**Problem description:** Using the listing below, extract each line that has the word "abbrev" in it.

**Input:**
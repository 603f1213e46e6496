-- ===== src/Tools/Terminal/Tests.antt =====
-- Checks of internal/tools/terminal.go at concrete inputs.
use animus_coder.Base.{
  pos, ℕ, suc, ◌≡◌, refl, inr, true, none, some, [], ◌∷◌, arith, is_some, codes, text_eq,
  text_eq→ne, to_lower,
}
use animus_coder.Tools.Terminal.{
  Terminal, Process, ExecError, no_result, with_timeout, time_limit, result_of, validate_command,
  exec,
}
use animus_coder.Tools.Terminal.Laws.{Permits, validate_command_iff, exec_permitted, exec_forbidden}

-- "rm" is denied, "ls" and "rm" are allowed.
abbrev terminal : Terminal
terminal = record {
  working_dir = codes "/w";
  allowed = codes "LS" ∷ codes "rm" ∷ [];
  denied = codes "Rm" ∷ [];
  timeout = pos 0;
  allow_execution = true;
}

-- A process that counts its starts.
abbrev counting : Process ℕ
counting ctx dir command args w = (record { stdout = command; stderr = []; error = none }, suc w)

ls_accepted : validate_command terminal (codes "ls") ≡ none
unfolding validate_command animus_coder.Tools.Terminal.listed text_eq to_lower
ls_accepted = refl

rm_refused : is_some (validate_command terminal (codes "rm")) ≡ true
unfolding validate_command animus_coder.Tools.Terminal.listed text_eq to_lower
rm_refused = refl

ls_is_run : exec counting none terminal (codes "ls") [] 0 ≡ (
  result_of
      (counting (with_timeout none (time_limit terminal)) terminal.working_dir (codes "ls") [] 0).0,
  (counting (with_timeout none (time_limit terminal)) terminal.working_dir (codes "ls") [] 0).1,
)
ls_is_run =
    exec_permitted counting none terminal (codes "ls") [] 0 refl
      (text_eq→ne (codes "ls") [] (unfold text_eq in refl))
      ((validate_command_iff terminal (codes "ls")).0 ls_accepted)

rm_not_permitted : ¬ Permits terminal (codes "rm")
rm_not_permitted p =
    let accepted = (validate_command_iff terminal (codes "rm")).1 p in
    absurd (ground (arith, rm_refused))

exec_forbidden_example :
    (e : ExecError) × (exec counting none terminal (codes "rm") [] 0 ≡ ((no_result, some e), 0))
exec_forbidden_example =
    exec_forbidden counting none terminal (codes "rm") [] 0 (inr (inr rm_not_permitted))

**Solved problem:**
abbrev terminal : Terminal
abbrev counting : Process ℕ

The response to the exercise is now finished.